The eventual acceptance that the unicorn wasn’t a real animal did not, however, deter its popularity as a symbol for the spiritual. Just as the medieval Christians saw the unicorn as a symbol of Christ, so too did twentieth century occultism see it as a symbol of the spiritual existence of humanity. The single horn on the beast’s brow came to be considered an allusion to the pineal gland – the so called “third eye” – the part of the brain supposedly concerned with spiritual and psychic matters. The horn could also be read as a ray of divine cosmic energy and spiritual revelation piercing the mundane physical world. The apparent paradox of a pure and feminine-seeming creature representing virginity defined by its masculine phallic horn could be read as an alchemical marriage of opposites that transcends sexuality – a spiritual evolution from there merely biological and procreative to the holistic sexual oneness of a higher being. The Hermetic Order of the Golden Dawn – the very private occult society that did much to formalise the occult revival of ceremonial magic – gave initiates the title Monocris de Astris – “Unicorn from the Stars”. While the Golden Dawn claimed to reject the sexual element of occultism, sex magician and self-proclaimed “wickedest man in the world” Aleister Crowley was an initiate before splitting off to form his own Order of the Silver Star.

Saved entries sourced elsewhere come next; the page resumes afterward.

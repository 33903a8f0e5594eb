-- ===== src/Tests/AutomationLeader.antt =====
-- persys-automation: an elector that takes the lock and loses its connection.
use persys_cloud.Prelude.{ℕ, refl, Bool, true, false, none, some, ok}
use persys_cloud.Automation.Leader.{
  Database, step, elected, connected, locked, checked, revoke_leader, announced, offered, released,
}
use persys_cloud.Automation.Leader.Told.{
  Watch, Reaches, ticks, reads, stays, moves, told, Holds, Reaches-Holds,
}

-- The world says whether the database answers.
instance unfoldable database : Database Bool ℕ
database = record {
  open_conn = λ w. (ok 1, w);
  answers = λ c w. (false, w);
  try_advisory_lock = λ id c w. (ok w, w);
  advisory_unlock = λ id c w. w;
  close = λ c w. w;
}

abbrev idle : Watch Bool ℕ
idle = record {
  elector = record { lock_id = 7; conn = none; is_leader = false; updates = none; world = true };
  seen = false;
}

abbrev leads : Watch Bool ℕ
leads = record {
  elector = record { lock_id = 7; conn = some 1; is_leader = true; updates = none; world = true };
  seen = true;
}

abbrev lost : Watch Bool ℕ
lost = record {
  elector = record {
    lock_id = 7;
    conn = none;
    is_leader = false;
    updates = some false;
    world = true;
  };
  seen = true;
}

elected_and_lost : Reaches idle lost
unfolding database step elected connected locked checked revoke_leader announced offered released
elected_and_lost =
    moves idle (record idle { elector = step idle.elector }) lost (ticks idle refl)
      (moves (record idle { elector = step idle.elector }) leads lost
        (reads (record idle { elector = step idle.elector }) true refl)
        (moves leads lost lost (ticks leads refl) (stays lost)))

Reaches-Holds_example : Holds true lost.elector
unfolding told
Reaches-Holds_example = Reaches-Holds elected_and_lost (refl, refl)
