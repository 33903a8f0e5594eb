-- ===== src/Tests/GatewayDiscovery.antt =====
-- A DNS that answers one SRV query, and a pool with one configured instance.
use persys_cloud.Prelude.{
  String, ◌≡◌, refl, true, false, List, [], ◌∷◌, Option, some, none, ok, lookup, ◌==◌,
  if◌then◌else◌, sort_by, str_lt,
}
use persys_cloud.Text.{trim_space, trim_prefix, trim_suffix, has_prefix, contains, concat}
use persys_cloud.Gateway.Pool.{SchedulerInstance, Cluster, PoolManager, default_cluster_id}
use persys_cloud.Gateway.Discovery.{Net, Srv, discover_schedulers, dedupe, member}
use persys_cloud.Gateway.Discovery.Merge.{
  merged_id, or_bootstrap, static_addresses, discover_and_merge,
}
use persys_cloud.Gateway.Discovery.Merge.Instances.{Distinct, has_instance}
use persys_cloud.Gateway.Discovery.Merge.Laws.{default_cluster, discover_and_merge-keeps}

answer_srv : String → String → String → Option (List Srv)
answer_srv service proto name =
    if service == "sched" then some (record { target = "s1.lan."; port = 8085 } ∷ []) else none

answer_host : String → Option (List String)
answer_host host = if host == "s1.lan" then some ("10.0.0.1" ∷ []) else none

join : String → String → String
join host port = concat (host ∷ ":" ∷ port ∷ [])

net : Net
net = record {
  lookup_srv = answer_srv;
  lookup_host = answer_host;
  join_host_port = join;
  split_host_port = λ a. none;
  parse_ip = λ a. none;
  itoa = λ n. "8085";
}

abbrev static_one : SchedulerInstance
static_one = record {
  id = "s0";
  address = "sched.example:8085";
  is_leader = true;
  healthy = false;
  last_seen = 0;
}

abbrev cluster_a : Cluster
cluster_a = record {
  id = "a";
  name = "A";
  schedulers = static_one ∷ [];
  routing_strategy = "leader-only";
}

abbrev pool : PoolManager
pool = record {
  cfg = record {
    default_cluster_id = "a";
    clusters =
        record { id = "a"; name = "A"; routing_strategy = ""; schedulers = static_one ∷ [] } ∷ [];
    repository_cluster_map = [];
    discovery_svc = "_sched";
    discovery_domain = "lan";
  };
  clusters = ("a", cluster_a) ∷ [];
}

finds_one : discover_schedulers net pool ≡ ok ("10.0.0.1:8085" ∷ [])
unfolding discover_schedulers net answer_srv answer_host join trim_space trim_prefix trim_suffix
    has_prefix contains dedupe sort_by str_lt concat
finds_one = refl

discover_and_merge-keeps_example :
    (c' : Cluster) × (lookup (merged_id pool) (discover_and_merge net pool).clusters ≡ some c')
    × Distinct c'.schedulers
    × ((s : SchedulerInstance)
        → member s.address (static_addresses (merged_id pool) pool.cfg.clusters) ≡ true
        → has_instance s (default_cluster pool).schedulers ≡ true
        → has_instance s c'.schedulers ≡ true)
    × ((k : String)
        → (merged_id pool == k) ≡ false
        → lookup k (discover_and_merge net pool).clusters ≡ lookup k pool.clusters)
unfolding lookup default_cluster_id trim_space merged_id or_bootstrap
discover_and_merge-keeps_example =
    discover_and_merge-keeps net pool "10.0.0.1:8085" [] finds_one (refl, tt)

It is this apotropaic reputation of the unicorn, the warding off of evil and danger that transfers to these figurines. All miniatures encourage us to project an illusion of order and control over our lives of happenstance in a chaotic and arbitrary universe, but the unicorns themselves are also subconscious lucky charms, amulets, allusions to a fantastical and magical realm beyond mundane existence. Tennessee Williams in his 1944 play The Glass Menagerie makes much of this symbolism. The character Laura Wingfield, painfully shy and afflicted with a limp from a childhood bout of Polio, uses her collection of glass animals as a way of retreating from the world. Their fragility reflects her own; quaint, slightly old fashioned, catching the light if you look in the right way. In particular Laura identifies with a glass unicorn, the otherness repressing her represented by the unicorn’s horn that distinguishes it from other animals.

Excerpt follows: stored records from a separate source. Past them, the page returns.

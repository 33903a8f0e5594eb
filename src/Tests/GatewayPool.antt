-- ===== src/Tests/GatewayPool.antt =====
-- The gateway's scheduler pool with three instances, of which two are healthy.
use persys_cloud.Prelude.{
  put, String, ◌≡◌, refl, Bool, true, false, not, List, [], ◌∷◌, some, ok, lookup, all, Perm, ◌==◌,
  str_lt, sort_by,
}
use persys_cloud.Text.{trim_space, bytes}
use persys_cloud.Gateway.Pool.{
  SchedulerInstance, Cluster, PoolManager, ordered_schedulers, effective_cluster, mark_unhealthy,
  refresh_health, strategy_leader_only, strategy_sticky, fnv32a, leader_first, healthy_sorted,
  default_cluster_id, index_by_key, rotate_by_index,
}
use persys_cloud.Gateway.Pool.Order.{healthy_of, ordered_schedulers-perm, ordered_schedulers-leader}
use persys_cloud.Gateway.Pool.Health.{
  mark_all, ordered_schedulers-refresh_health, ordered_schedulers-mark_unhealthy,
}

abbrev one : SchedulerInstance
one = record {
  id = "s1";
  address = "10.0.0.1:8085";
  is_leader = false;
  healthy = true;
  last_seen = 4;
}

abbrev two : SchedulerInstance
two = record {
  id = "s2";
  address = "10.0.0.2:8085";
  is_leader = true;
  healthy = true;
  last_seen = 4;
}

abbrev three : SchedulerInstance
three = record {
  id = "s3";
  address = "10.0.0.3:8085";
  is_leader = false;
  healthy = false;
  last_seen = 2;
}

abbrev cluster_a : Cluster
cluster_a = record {
  id = "a";
  name = "A";
  schedulers = three ∷ two ∷ one ∷ [];
  routing_strategy = strategy_leader_only;
}

abbrev pool : PoolManager
pool = record {
  cfg = record {
    default_cluster_id = "a";
    clusters = [];
    repository_cluster_map = [];
    discovery_svc = "";
    discovery_domain = "";
  };
  clusters =
      ("a", cluster_a)
      ∷ ("b", record cluster_a { id = "b"; routing_strategy = strategy_sticky })
      ∷ [];
}

leader_goes_first : ordered_schedulers pool "" "" "" ≡ ok (two ∷ one ∷ [])
unfolding ordered_schedulers effective_cluster default_cluster_id trim_space lookup healthy_sorted
    leader_first sort_by str_lt
leader_goes_first = refl

-- The published test value of 32-bit FNV-1a.
fnv_of_foobar : fnv32a "foobar" ≡ 0xbf9cf968
unfolding fnv32a bytes
fnv_of_foobar = refl

sticky_rotates : ordered_schedulers pool "b" "session-9" "" ≡ ok (two ∷ one ∷ [])
unfolding ordered_schedulers effective_cluster trim_space lookup healthy_sorted sort_by str_lt
    index_by_key rotate_by_index fnv32a bytes
sticky_rotates = refl

ordered_schedulers-perm_example :
    (c : Cluster) × (lookup (effective_cluster pool "") pool.clusters ≡ some c)
    × Perm (two ∷ one ∷ []) (healthy_of c)
ordered_schedulers-perm_example =
    ordered_schedulers-perm pool "" "" "" (two ∷ one ∷ []) leader_goes_first

pool_has_a : lookup (effective_cluster pool "a") pool.clusters ≡ some cluster_a
unfolding effective_cluster trim_space lookup
pool_has_a = refl

ordered_schedulers-leader_example :
    (s : SchedulerInstance) × (rest : List SchedulerInstance) × (ordered_schedulers pool "a" "" ""
      ≡ ok (s ∷ rest))
    × (s.is_leader ≡ true)
ordered_schedulers-leader_example =
    ordered_schedulers-leader pool "a" "" "" cluster_a pool_has_a refl refl

abbrev answers : String → Bool
answers a = a == "10.0.0.3:8085"

abbrev three_up : SchedulerInstance
three_up = record three { healthy = true; last_seen = 9 }

only_three : ordered_schedulers (refresh_health answers 9 pool) "a" "" "" ≡ ok (three_up ∷ [])
unfolding ordered_schedulers refresh_health effective_cluster default_cluster_id trim_space lookup
    healthy_sorted leader_first sort_by str_lt
only_three = refl

ordered_schedulers-refresh_health_example : all (λ s. answers s.address) (three_up ∷ []) ≡ true
ordered_schedulers-refresh_health_example =
    ordered_schedulers-refresh_health answers 9 pool "a" "" "" (three_up ∷ []) only_three

-- The second instance fails, then an unknown one.
abbrev two_marks : PoolManager
two_marks = mark_all (("a", "10.0.0.9:8085") ∷ []) (mark_unhealthy pool "a" "10.0.0.2:8085")

without_two : ordered_schedulers two_marks "a" "" "" ≡ ok (one ∷ [])
unfolding put ordered_schedulers mark_all mark_unhealthy effective_cluster default_cluster_id
    trim_space lookup healthy_sorted leader_first sort_by str_lt
without_two = refl

a_is_named : (trim_space "a" == "") ≡ false
unfolding trim_space
a_is_named = refl

ordered_schedulers-mark_unhealthy_example :
    all (λ s. not (s.address == "10.0.0.2:8085")) (one ∷ []) ≡ true
ordered_schedulers-mark_unhealthy_example =
    ordered_schedulers-mark_unhealthy pool "a" "10.0.0.2:8085" (("a", "10.0.0.9:8085") ∷ []) "" ""
      (one ∷ []) a_is_named without_two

Perhaps that’s why an air of melancholy attends these figurines. Their kitsch value places them outside of the continuum of artistic received taste and high culture. Kitsch, though, has its own integrity. It embraces sentimentality, which is as much a genuine human emotional response as any noble or heroic gesture. The unicorn is the ultimate symbol of the enchantment that Max Weber claimed had been driven from the world by modernity. The unicorn figurine is the transcendental made domestic and human. If it represents anything in Pardington’s art, it is the idea of Deleuzian Immanence – that all redundancies, rejections, cruelties, everything that seems outside of life, and even death itself, are all firmly embedded in life, the here and now, and the unicorn’s raised horn is a lightning conductor channelling possibility into the humblest context, bringing being and existential authenticity into the photographic medium.